■ YOUR OBJECTIVE
In the listing below, print exactly the lines between the line holding "if ltb_ℤ (pos 0) rec.peak_equity" and the line holding "then settle raw_bucket today counted", inclusive, and no more.

■ RECORDS PROVIDED
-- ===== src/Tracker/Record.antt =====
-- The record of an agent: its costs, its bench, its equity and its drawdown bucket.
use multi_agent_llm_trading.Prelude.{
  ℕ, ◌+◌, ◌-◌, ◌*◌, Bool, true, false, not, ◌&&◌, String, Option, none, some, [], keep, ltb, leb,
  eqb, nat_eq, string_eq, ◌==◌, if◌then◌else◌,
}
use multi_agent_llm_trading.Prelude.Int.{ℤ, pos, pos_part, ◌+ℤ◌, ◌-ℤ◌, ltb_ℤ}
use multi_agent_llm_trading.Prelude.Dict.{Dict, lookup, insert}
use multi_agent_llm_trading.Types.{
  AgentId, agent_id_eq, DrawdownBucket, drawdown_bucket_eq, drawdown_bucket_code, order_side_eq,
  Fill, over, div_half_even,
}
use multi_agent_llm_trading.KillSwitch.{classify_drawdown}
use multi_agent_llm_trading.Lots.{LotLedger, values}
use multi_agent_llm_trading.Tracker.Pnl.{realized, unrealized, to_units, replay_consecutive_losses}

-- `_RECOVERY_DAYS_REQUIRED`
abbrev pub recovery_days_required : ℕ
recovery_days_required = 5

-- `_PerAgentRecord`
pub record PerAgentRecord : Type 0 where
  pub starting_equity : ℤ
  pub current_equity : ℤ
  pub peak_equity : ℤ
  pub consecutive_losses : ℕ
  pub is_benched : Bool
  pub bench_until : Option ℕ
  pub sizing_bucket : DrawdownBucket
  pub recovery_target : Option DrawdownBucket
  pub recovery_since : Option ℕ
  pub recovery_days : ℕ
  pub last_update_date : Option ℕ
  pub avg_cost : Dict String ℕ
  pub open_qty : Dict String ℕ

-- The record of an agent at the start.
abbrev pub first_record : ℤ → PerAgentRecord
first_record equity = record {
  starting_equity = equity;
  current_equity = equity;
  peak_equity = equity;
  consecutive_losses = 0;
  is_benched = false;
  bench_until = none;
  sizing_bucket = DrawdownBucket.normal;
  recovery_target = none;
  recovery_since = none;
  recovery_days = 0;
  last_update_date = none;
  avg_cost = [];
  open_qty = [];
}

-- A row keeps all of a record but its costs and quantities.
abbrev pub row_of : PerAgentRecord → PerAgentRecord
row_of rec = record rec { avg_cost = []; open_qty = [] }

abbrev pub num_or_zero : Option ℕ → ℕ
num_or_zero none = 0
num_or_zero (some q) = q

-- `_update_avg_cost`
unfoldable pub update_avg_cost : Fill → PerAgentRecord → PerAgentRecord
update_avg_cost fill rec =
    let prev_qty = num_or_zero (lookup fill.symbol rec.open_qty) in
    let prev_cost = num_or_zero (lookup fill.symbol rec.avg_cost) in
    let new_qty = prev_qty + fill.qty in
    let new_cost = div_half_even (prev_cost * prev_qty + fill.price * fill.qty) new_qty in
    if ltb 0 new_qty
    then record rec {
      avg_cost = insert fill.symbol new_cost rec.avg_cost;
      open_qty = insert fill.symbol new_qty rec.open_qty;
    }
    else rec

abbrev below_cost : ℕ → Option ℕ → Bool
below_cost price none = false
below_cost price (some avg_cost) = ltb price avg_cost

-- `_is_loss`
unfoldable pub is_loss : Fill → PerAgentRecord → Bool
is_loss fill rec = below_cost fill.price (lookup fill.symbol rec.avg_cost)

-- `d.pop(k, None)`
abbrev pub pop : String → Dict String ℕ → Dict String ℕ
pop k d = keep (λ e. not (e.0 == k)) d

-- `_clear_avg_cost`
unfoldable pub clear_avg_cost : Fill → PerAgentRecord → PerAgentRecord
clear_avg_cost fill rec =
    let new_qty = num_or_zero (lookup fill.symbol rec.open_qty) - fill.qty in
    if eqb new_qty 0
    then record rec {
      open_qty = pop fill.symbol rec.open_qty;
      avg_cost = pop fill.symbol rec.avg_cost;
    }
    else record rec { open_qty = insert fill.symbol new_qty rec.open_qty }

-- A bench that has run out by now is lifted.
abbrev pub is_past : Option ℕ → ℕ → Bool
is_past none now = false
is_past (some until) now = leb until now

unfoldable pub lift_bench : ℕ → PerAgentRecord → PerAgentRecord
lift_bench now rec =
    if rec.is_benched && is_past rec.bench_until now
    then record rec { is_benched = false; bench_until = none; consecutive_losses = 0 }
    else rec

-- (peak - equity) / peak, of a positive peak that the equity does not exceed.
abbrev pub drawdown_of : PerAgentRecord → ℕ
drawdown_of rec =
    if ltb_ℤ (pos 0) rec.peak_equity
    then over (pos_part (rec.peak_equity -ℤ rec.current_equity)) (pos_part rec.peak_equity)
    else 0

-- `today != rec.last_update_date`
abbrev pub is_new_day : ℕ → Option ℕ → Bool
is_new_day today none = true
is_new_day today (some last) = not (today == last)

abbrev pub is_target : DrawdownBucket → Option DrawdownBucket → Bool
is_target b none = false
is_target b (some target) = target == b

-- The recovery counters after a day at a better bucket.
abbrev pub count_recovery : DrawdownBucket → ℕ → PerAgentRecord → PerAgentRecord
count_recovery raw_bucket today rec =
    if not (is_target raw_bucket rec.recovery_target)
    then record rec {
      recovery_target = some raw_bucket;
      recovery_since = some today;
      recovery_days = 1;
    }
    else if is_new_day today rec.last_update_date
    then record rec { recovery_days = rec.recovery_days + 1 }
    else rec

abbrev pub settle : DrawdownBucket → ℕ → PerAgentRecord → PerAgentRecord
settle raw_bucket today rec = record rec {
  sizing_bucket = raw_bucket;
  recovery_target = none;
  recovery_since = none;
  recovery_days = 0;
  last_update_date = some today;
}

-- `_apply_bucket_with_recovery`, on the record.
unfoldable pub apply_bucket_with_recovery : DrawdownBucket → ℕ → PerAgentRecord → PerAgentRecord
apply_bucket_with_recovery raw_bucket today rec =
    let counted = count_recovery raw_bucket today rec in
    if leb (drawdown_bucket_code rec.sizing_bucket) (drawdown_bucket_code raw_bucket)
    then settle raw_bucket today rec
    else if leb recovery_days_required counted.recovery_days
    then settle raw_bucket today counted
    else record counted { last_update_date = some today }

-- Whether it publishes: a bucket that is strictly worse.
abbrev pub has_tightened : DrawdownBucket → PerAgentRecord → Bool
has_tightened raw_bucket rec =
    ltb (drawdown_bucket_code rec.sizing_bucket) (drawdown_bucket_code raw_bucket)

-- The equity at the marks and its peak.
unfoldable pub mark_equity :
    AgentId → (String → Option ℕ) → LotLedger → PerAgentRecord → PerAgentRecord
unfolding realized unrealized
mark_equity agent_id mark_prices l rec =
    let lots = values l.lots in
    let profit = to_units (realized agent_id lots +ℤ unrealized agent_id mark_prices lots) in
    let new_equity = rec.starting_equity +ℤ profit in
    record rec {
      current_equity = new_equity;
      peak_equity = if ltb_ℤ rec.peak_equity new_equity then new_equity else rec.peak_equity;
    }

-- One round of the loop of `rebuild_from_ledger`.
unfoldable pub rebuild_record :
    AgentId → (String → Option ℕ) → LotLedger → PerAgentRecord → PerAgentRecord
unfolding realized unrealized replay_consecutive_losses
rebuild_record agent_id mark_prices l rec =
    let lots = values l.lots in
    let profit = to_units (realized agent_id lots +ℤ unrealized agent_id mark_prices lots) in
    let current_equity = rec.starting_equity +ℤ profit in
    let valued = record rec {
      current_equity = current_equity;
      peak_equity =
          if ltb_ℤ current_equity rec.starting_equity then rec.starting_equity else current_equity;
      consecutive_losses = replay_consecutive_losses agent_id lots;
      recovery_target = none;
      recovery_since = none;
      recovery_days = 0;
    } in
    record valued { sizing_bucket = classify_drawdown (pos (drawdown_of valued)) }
* * *
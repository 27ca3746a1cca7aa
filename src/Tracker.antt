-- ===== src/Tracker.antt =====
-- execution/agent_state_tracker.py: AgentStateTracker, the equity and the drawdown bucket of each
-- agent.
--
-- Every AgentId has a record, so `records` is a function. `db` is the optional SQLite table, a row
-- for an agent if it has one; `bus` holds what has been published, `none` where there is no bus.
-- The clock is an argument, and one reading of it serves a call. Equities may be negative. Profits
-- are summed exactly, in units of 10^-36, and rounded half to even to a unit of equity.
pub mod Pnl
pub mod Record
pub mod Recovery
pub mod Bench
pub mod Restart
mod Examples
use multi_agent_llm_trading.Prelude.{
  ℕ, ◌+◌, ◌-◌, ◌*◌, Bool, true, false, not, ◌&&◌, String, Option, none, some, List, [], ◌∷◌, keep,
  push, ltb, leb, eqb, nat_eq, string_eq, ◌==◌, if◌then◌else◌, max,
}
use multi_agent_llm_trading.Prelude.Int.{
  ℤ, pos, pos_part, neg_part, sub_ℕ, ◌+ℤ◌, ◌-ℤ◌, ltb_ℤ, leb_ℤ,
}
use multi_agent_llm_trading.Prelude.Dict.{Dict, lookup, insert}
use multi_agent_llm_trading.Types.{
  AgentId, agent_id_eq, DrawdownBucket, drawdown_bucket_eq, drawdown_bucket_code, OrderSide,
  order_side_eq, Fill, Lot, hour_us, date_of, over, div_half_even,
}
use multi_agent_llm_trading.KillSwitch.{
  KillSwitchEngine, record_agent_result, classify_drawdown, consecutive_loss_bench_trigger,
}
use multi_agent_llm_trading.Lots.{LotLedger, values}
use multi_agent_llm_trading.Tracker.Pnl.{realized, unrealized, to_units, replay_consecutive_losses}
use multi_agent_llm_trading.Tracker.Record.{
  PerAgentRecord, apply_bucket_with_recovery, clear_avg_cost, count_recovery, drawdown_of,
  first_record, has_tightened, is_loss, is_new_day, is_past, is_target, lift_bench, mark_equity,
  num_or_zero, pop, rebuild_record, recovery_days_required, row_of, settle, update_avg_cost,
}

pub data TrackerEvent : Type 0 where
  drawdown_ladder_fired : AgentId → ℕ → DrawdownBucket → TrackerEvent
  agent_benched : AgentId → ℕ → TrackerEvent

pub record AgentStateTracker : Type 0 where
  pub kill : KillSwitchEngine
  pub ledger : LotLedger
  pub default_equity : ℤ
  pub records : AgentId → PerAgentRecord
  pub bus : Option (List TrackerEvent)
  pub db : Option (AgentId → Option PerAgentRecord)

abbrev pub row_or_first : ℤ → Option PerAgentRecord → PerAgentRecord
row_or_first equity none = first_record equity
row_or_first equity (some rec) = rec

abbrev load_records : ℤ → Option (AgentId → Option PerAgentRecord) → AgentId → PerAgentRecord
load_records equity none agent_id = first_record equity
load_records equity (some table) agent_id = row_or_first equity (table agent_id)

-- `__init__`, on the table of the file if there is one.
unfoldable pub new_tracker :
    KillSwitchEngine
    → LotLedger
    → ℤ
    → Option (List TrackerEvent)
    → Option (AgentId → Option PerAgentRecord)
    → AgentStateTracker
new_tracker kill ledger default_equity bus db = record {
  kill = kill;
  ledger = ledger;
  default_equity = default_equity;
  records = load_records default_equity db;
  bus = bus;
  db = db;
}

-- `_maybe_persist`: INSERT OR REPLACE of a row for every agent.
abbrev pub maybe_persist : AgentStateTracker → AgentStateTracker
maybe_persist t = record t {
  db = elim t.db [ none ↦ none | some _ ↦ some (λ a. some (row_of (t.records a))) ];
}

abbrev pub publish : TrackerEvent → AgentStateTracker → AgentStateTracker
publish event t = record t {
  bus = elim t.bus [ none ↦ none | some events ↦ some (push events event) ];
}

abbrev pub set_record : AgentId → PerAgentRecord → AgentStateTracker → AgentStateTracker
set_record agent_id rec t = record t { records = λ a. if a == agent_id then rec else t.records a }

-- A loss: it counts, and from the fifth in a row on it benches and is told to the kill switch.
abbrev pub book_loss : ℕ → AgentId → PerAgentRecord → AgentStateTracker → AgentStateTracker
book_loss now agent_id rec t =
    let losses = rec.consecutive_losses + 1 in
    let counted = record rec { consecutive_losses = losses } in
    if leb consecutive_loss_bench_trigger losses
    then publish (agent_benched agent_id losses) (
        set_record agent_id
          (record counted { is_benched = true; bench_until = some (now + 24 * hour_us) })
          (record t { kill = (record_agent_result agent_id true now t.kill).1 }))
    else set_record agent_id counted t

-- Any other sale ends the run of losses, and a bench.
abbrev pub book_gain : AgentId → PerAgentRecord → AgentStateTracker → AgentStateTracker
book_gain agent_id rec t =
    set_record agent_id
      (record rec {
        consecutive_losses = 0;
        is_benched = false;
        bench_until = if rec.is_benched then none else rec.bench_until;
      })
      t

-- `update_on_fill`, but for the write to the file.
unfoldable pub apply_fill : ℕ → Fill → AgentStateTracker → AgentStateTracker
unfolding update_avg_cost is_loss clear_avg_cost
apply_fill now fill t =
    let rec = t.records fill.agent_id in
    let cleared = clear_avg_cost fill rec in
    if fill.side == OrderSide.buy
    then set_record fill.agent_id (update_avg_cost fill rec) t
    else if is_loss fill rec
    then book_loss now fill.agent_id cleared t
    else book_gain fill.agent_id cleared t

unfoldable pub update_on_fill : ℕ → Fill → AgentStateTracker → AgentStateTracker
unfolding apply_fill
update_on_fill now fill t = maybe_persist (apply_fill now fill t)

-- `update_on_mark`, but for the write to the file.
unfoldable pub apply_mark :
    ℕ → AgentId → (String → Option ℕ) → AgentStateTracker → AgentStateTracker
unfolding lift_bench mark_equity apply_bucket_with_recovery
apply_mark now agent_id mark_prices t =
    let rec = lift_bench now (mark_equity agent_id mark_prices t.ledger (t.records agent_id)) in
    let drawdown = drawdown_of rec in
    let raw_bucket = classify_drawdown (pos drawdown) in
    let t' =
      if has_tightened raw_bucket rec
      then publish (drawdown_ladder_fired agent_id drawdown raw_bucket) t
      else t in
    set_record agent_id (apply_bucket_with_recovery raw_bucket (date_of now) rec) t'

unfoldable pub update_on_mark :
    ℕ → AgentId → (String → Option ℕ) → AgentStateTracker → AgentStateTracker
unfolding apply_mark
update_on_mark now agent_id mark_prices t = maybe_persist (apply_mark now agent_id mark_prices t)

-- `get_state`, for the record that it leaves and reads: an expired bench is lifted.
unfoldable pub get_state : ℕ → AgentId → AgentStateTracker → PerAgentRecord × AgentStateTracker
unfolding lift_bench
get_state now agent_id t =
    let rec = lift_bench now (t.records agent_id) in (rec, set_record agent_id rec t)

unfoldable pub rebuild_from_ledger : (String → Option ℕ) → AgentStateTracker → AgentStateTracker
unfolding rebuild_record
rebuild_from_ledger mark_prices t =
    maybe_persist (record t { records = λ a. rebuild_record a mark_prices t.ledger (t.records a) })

■ EXERCISE RESPONSE
    if ltb_ℤ (pos 0) rec.peak_equity
    then over (pos_part (rec.peak_equity -ℤ rec.current_equity)) (pos_part rec.peak_equity)
    else 0

-- `today != rec.last_update_date`
abbrev pub is_new_day : ℕ → Option ℕ → Bool
is_new_day today none = true
is_new_day today (some last) = not (today == last)

abbrev pub is_target : DrawdownBucket → Option DrawdownBucket → Bool
is_target b none = false
is_target b (some target) = target == b

-- The recovery counters after a day at a better bucket.
abbrev pub count_recovery : DrawdownBucket → ℕ → PerAgentRecord → PerAgentRecord
count_recovery raw_bucket today rec =
    if not (is_target raw_bucket rec.recovery_target)
    then record rec {
      recovery_target = some raw_bucket;
      recovery_since = some today;
      recovery_days = 1;
    }
    else if is_new_day today rec.last_update_date
    then record rec { recovery_days = rec.recovery_days + 1 }
    else rec

abbrev pub settle : DrawdownBucket → ℕ → PerAgentRecord → PerAgentRecord
settle raw_bucket today rec = record rec {
  sizing_bucket = raw_bucket;
  recovery_target = none;
  recovery_since = none;
  recovery_days = 0;
  last_update_date = some today;
}

-- `_apply_bucket_with_recovery`, on the record.
unfoldable pub apply_bucket_with_recovery : DrawdownBucket → ℕ → PerAgentRecord → PerAgentRecord
apply_bucket_with_recovery raw_bucket today rec =
    let counted = count_recovery raw_bucket today rec in
    if leb (drawdown_bucket_code rec.sizing_bucket) (drawdown_bucket_code raw_bucket)
    then settle raw_bucket today rec
    else if leb recovery_days_required counted.recovery_days
    then settle raw_bucket today counted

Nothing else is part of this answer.